[Collected data]
>>>

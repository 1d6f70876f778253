-- ===== src/Pool/Handed.antt =====
-- internal/pool/pool.go: what a caller of Acquire gets.
use mathlib.Core.Path.{subst}
use spyder.Prelude.{
  ℕ, ◌≡◌, refl, ap, sym, ◌∙◌, true, false, none, some, List, [], ◌∷◌, String, string_eq, lookup,
  arith, Bool-cases, Option-cases, inl, inr,
}
use spyder.Pool.{
  reserved, Instance, TemplateConfig, World, Pool, is_reserved, is_blank, reload, template_in,
  find_template, pick_running, pick_available, cancel_linger,
}
use spyder.Pool.Lifecycle.{with_instance, minted, mark_reserved, handed_to}
use spyder.Pool.Calls.{ok, after_boot, after_mint, boot_for, mint_for, acquire_from, acquire}
use spyder.Pool.Sound.{IsSound, Run-IsSound}
use spyder.Pool.Steps.{
  reload-Run, reload_same, Stands, booted-boots, Stands-after, boot-cases, mint-cases,
}
use spyder.Pool.Steps.Look.{pick_running-found, pick_available-found}

-- `j` is an instance of the template that the pool holds for the holder, and that nobody held before.
pub record IsHanded (p q : Pool) (name holder : String) (j : Instance) : Type 0 where
  pub here : Stands q j
  pub tier : j.tier ≡ reserved
  pub held : j.holder ≡ holder
  pub fits : string_eq.beq j.template name ≡ true
  pub unheld : (i : Instance) → lookup j.id p.instances ≡ some i → is_reserved i.tier ≡ false

ok_inj : (x y : Instance) → ok x ≡ ok y → x ≡ y
ok_inj x y e = cc e

module _ (w : World) (p : Pool) (name holder : String) where
  marked :
      (now : ℕ) (q : Pool) (i j : Instance)
      → string_eq.beq i.template name ≡ true
      → ((x : Instance) → lookup i.id p.instances ≡ some x → is_reserved x.tier ≡ false)
      → ok (mark_reserved w now q i holder).1 ≡ ok j
      → IsHanded p (mark_reserved w now q i holder).0 name holder j
  unfolding mark_reserved
  marked now q i j fits unheld e =
      subst (λ x. IsHanded p (mark_reserved w now q i holder).0 name holder x)
        (ok_inj (handed_to i holder now) j e)
        (record {
          here = Stands-after q (handed_to i holder now);
          tier = refl;
          held = refl;
          fits = fits;
          unheld = unheld;
        })

  boot_for-IsHanded :
      (n : ℕ) (q : Pool) (i j : Instance)
      → string_eq.beq i.template name ≡ true
      → ((x : Instance) → lookup i.id p.instances ≡ some x → is_reserved x.tier ≡ false)
      → (boot_for w n holder q i).1 ≡ ok j
      → IsHanded p (boot_for w n holder q i).0 name holder j
  unfolding boot_for
  boot_for-IsHanded n q i j fits unheld e = elim (boot-cases w q i) [
    | inl b ↦ cc (subst (λ x. (after_boot w n holder x).1 ≡ ok j) b e)
    | inr (k, made, b) ↦
        let (id, tier, same, template) = booted-boots w i k made in
        subst (λ x. IsHanded p (after_boot w n holder x).0 name holder j) (sym b)
          (marked (w.now n) (with_instance q k) k j (ap (λ t. string_eq.beq t name) template ∙ fits)
            (λ x h. unheld x (ap (λ t. lookup t p.instances) (sym id) ∙ h))
            (subst (λ x. (after_boot w n holder x).1 ≡ ok j) b e))
  ]

  mint_for-IsHanded :
      (t : TemplateConfig) (j : Instance)
      → string_eq.beq t.name name ≡ true
      → lookup (w.uuid 0) p.instances ≡ none
      → (mint_for w holder p t).1 ≡ ok j
      → IsHanded p (mint_for w holder p t).0 name holder j
  unfolding mint_for
  mint_for-IsHanded t j fits free e = elim (mint-cases w 0 p t) [
    | inl b ↦ cc (subst (λ x. (after_mint w holder x).1 ≡ ok j) b e)
    | inr (d, b) ↦
        let i = minted t (w.uuid 0) d (w.now 0) in
        subst (λ x. IsHanded p (after_mint w holder x).0 name holder j) (sym b)
          (boot_for-IsHanded 1 (with_instance p i) i j fits (λ x h. cc (h, free))
            (subst (λ x. (after_mint w holder x).1 ≡ ok j) b e))
  ]

template_in-named :
    (name : String) (ts : List TemplateConfig) (t : TemplateConfig)
    → template_in name ts ≡ some t
    → t.name ≡ name
unfolding template_in
template_in-named name [] t e = cc
template_in-named name (x ∷ xs) t e =
    ground (arith, string_eq.beq_iff x.name name, template_in-named name xs t)

module _ (w : World) (p : Pool) (holder : String) (s : IsSound p) where
  acquire_from-IsHanded :
      (t : TemplateConfig) (j : Instance)
      → lookup (w.uuid 0) p.instances ≡ none
      → (acquire_from w holder p t).1 ≡ ok j
      → IsHanded p (acquire_from w holder p t).0 t.name holder j
  unfolding acquire_from cancel_linger
  acquire_from-IsHanded t j free e = elim (Option-cases (pick_running p t.name)) [
    | inr (i, found) ↦
        let (here, fits, runs) = pick_running-found p t.name i s found in
        rw (found, acquire_from)
          (marked w p t.name holder (w.now 0) (cancel_linger p i.id) i j fits (λ x h. ground arith)
            (rw (found, acquire_from) at e))
    | inl none_running ↦ elim (Option-cases (pick_available p t.name)) [
      | inr (i, found) ↦
          let (here, fits, idle) = pick_available-found p t.name i s found in
          rw (none_running, found, acquire_from)
            (boot_for-IsHanded w p t.name holder 0 p i j fits (λ x h. ground arith)
              (rw (none_running, found, acquire_from) at e))
      | inl none_idle ↦
          rw (none_running, none_idle, acquire_from)
            (mint_for-IsHanded w p t.name holder t j ((string_eq.beq_iff t.name t.name).1 refl) free
              (rw (none_running, none_idle, acquire_from) at e))
    ]
  ]

-- Acquire never hands out an instance that somebody holds: what it returns is an instance of the
-- template that the pool now records as reserved for the caller, and that was reserved for nobody
-- before, or did not exist. The identifier that the call may mint is new to the pool.
pub acquire-IsHanded :
    (w : World) (p : Pool) (name holder : String) (j : Instance)
    → IsSound p
    → lookup (w.uuid 0) p.instances ≡ none
    → (acquire w p name holder).1 ≡ ok j
    → IsHanded p (acquire w p name holder).0 name holder j
unfolding acquire find_template
acquire-IsHanded w p name holder j s free e = elim (Bool-cases (is_blank holder)) [
  | inl blank ↦ cc (rw (blank, acquire) at e)
  | inr named ↦
      let p1 = reload w p in
      let same = (reload_same w p).0 in
      elim (Option-cases (find_template p1 name)) [
        | inl unknown ↦ cc (rw (named, unknown, acquire) at e)
        | inr (t, known) ↦
            let handed =
              acquire_from-IsHanded w p1 holder
                (Run-IsSound (λ i. Unit) p p1 s (reload-Run (λ i. Unit) w p)) t j
                (ap (lookup (w.uuid 0)) same ∙ free) (rw (named, known, acquire) at e) in
            rw (named, known, acquire)
              (record {
                here = handed.here;
                tier = handed.tier;
                held = handed.held;
                fits =
                    ap (string_eq.beq j.template) (sym (template_in-named name p1.cfg t known))
                    ∙ handed.fits;
                unheld = λ i h. handed.unheld i (ap (lookup j.id) same ∙ h);
              })
      ]
]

<<<

» YOUR ASSIGNMENT:
In full and word for word, restate the data.

» SOLUTION TO THE PROBLEM:
repository 1d6f70876f778253
-- ===== src/Pool/Handed.antt =====
-- internal/pool/pool.go: what a caller of Acquire gets.
use mathlib.Core.Path.{subst}
use spyder.Prelude.{
  ℕ, ◌≡◌, refl, ap, sym, ◌∙◌, true, false, none, some, List, [], ◌∷◌, String, string_eq, lookup,
  arith, Bool-cases, Option-cases, inl, inr,
}
use spyder.Pool.{
  reserved, Instance, TemplateConfig, World, Pool, is_reserved, is_blank, reload, template_in,
  find_template, pick_running, pick_available, cancel_linger,
}
use spyder.Pool.Lifecycle.{with_instance, minted, mark_reserved, handed_to}
use spyder.Pool.Calls.{ok, after_boot, after_mint, boot_for, mint_for, acquire_from, acquire}
use spyder.Pool.Sound.{IsSound, Run-IsSound}
use spyder.Pool.Steps.{
  reload-Run, reload_same, Stands, booted-boots, Stands-after, boot-cases, mint-cases,
}
use spyder.Pool.Steps.Look.{pick_running-found, pick_available-found}

-- `j` is an instance of the template that the pool holds for the holder, and that nobody held before.
pub record IsHanded (p q : Pool) (name holder : String) (j : Instance) : Type 0 where
  pub here : Stands q j
  pub tier : j.tier ≡ reserved
  pub held : j.holder ≡ holder
  pub fits : string_eq.beq j.template name ≡ true
  pub unheld : (i : Instance) → lookup j.id p.instances ≡ some i → is_reserved i.tier ≡ false

ok_inj : (x y : Instance) → ok x ≡ ok y → x ≡ y
ok_inj x y e = cc e

module _ (w : World) (p : Pool) (name holder : String) where
  marked :
      (now : ℕ) (q : Pool) (i j : Instance)
      → string_eq.beq i.template name ≡ true
      → ((x : Instance) → lookup i.id p.instances ≡ some x → is_reserved x.tier ≡ false)
      → ok (mark_reserved w now q i holder).1 ≡ ok j
      → IsHanded p (mark_reserved w now q i holder).0 name holder j
  unfolding mark_reserved
  marked now q i j fits unheld e =
      subst (λ x. IsHanded p (mark_reserved w now q i holder).0 name holder x)
        (ok_inj (handed_to i holder now) j e)
        (record {
          here = Stands-after q (handed_to i holder now);
          tier = refl;
          held = refl;
          fits = fits;
          unheld = unheld;
        })

  boot_for-IsHanded :
      (n : ℕ) (q : Pool) (i j : Instance)
      → string_eq.beq i.template name ≡ true
      → ((x : Instance) → lookup i.id p.instances ≡ some x → is_reserved x.tier ≡ false)
      → (boot_for w n holder q i).1 ≡ ok j
      → IsHanded p (boot_for w n holder q i).0 name holder j
  unfolding boot_for
  boot_for-IsHanded n q i j fits unheld e = elim (boot-cases w q i) [
    | inl b ↦ cc (subst (λ x. (after_boot w n holder x).1 ≡ ok j) b e)
    | inr (k, made, b) ↦
        let (id, tier, same, template) = booted-boots w i k made in
        subst (λ x. IsHanded p (after_boot w n holder x).0 name holder j) (sym b)
          (marked (w.now n) (with_instance q k) k j (ap (λ t. string_eq.beq t name) template ∙ fits)
            (λ x h. unheld x (ap (λ t. lookup t p.instances) (sym id) ∙ h))
            (subst (λ x. (after_boot w n holder x).1 ≡ ok j) b e))
  ]

  mint_for-IsHanded :
      (t : TemplateConfig) (j : Instance)
      → string_eq.beq t.name name ≡ true
      → lookup (w.uuid 0) p.instances ≡ none
      → (mint_for w holder p t).1 ≡ ok j
      → IsHanded p (mint_for w holder p t).0 name holder j
  unfolding mint_for
  mint_for-IsHanded t j fits free e = elim (mint-cases w 0 p t) [
    | inl b ↦ cc (subst (λ x. (after_mint w holder x).1 ≡ ok j) b e)
    | inr (d, b) ↦
        let i = minted t (w.uuid 0) d (w.now 0) in
        subst (λ x. IsHanded p (after_mint w holder x).0 name holder j) (sym b)
          (boot_for-IsHanded 1 (with_instance p i) i j fits (λ x h. cc (h, free))
            (subst (λ x. (after_mint w holder x).1 ≡ ok j) b e))
  ]

template_in-named :
    (name : String) (ts : List TemplateConfig) (t : TemplateConfig)
    → template_in name ts ≡ some t
    → t.name ≡ name
unfolding template_in
template_in-named name [] t e = cc
template_in-named name (x ∷ xs) t e =
    ground (arith, string_eq.beq_iff x.name name, template_in-named name xs t)

module _ (w : World) (p : Pool) (holder : String) (s : IsSound p) where
  acquire_from-IsHanded :
      (t : TemplateConfig) (j : Instance)
      → lookup (w.uuid 0) p.instances ≡ none
      → (acquire_from w holder p t).1 ≡ ok j
      → IsHanded p (acquire_from w holder p t).0 t.name holder j
  unfolding acquire_from cancel_linger
  acquire_from-IsHanded t j free e = elim (Option-cases (pick_running p t.name)) [
    | inr (i, found) ↦
        let (here, fits, runs) = pick_running-found p t.name i s found in
        rw (found, acquire_from)
          (marked w p t.name holder (w.now 0) (cancel_linger p i.id) i j fits (λ x h. ground arith)
            (rw (found, acquire_from) at e))
    | inl none_running ↦ elim (Option-cases (pick_available p t.name)) [
      | inr (i, found) ↦
          let (here, fits, idle) = pick_available-found p t.name i s found in
          rw (none_running, found, acquire_from)
            (boot_for-IsHanded w p t.name holder 0 p i j fits (λ x h. ground arith)
              (rw (none_running, found, acquire_from) at e))
      | inl none_idle ↦
          rw (none_running, none_idle, acquire_from)
            (mint_for-IsHanded w p t.name holder t j ((string_eq.beq_iff t.name t.name).1 refl) free
              (rw (none_running, none_idle, acquire_from) at e))
    ]
  ]

-- Acquire never hands out an instance that somebody holds: what it returns is an instance of the
-- template that the pool now records as reserved for the caller, and that was reserved for nobody
-- before, or did not exist. The identifier that the call may mint is new to the pool.
pub acquire-IsHanded :
    (w : World) (p : Pool) (name holder : String) (j : Instance)
    → IsSound p
    → lookup (w.uuid 0) p.instances ≡ none
    → (acquire w p name holder).1 ≡ ok j
    → IsHanded p (acquire w p name holder).0 name holder j
unfolding acquire find_template
acquire-IsHanded w p name holder j s free e = elim (Bool-cases (is_blank holder)) [
  | inl blank ↦ cc (rw (blank, acquire) at e)
  | inr named ↦
      let p1 = reload w p in
      let same = (reload_same w p).0 in
      elim (Option-cases (find_template p1 name)) [
        | inl unknown ↦ cc (rw (named, unknown, acquire) at e)
        | inr (t, known) ↦
            let handed =
              acquire_from-IsHanded w p1 holder
                (Run-IsSound (λ i. Unit) p p1 s (reload-Run (λ i. Unit) w p)) t j
                (ap (lookup (w.uuid 0)) same ∙ free) (rw (named, known, acquire) at e) in
            rw (named, known, acquire)
              (record {
                here = handed.here;
                tier = handed.tier;
                held = handed.held;
                fits =
                    ap (string_eq.beq j.template) (sym (template_in-named name p1.cfg t known))
                    ∙ handed.fits;
                unheld = λ i h. handed.unheld i (ap (lookup j.id) same ∙ h);
              })
      ]
]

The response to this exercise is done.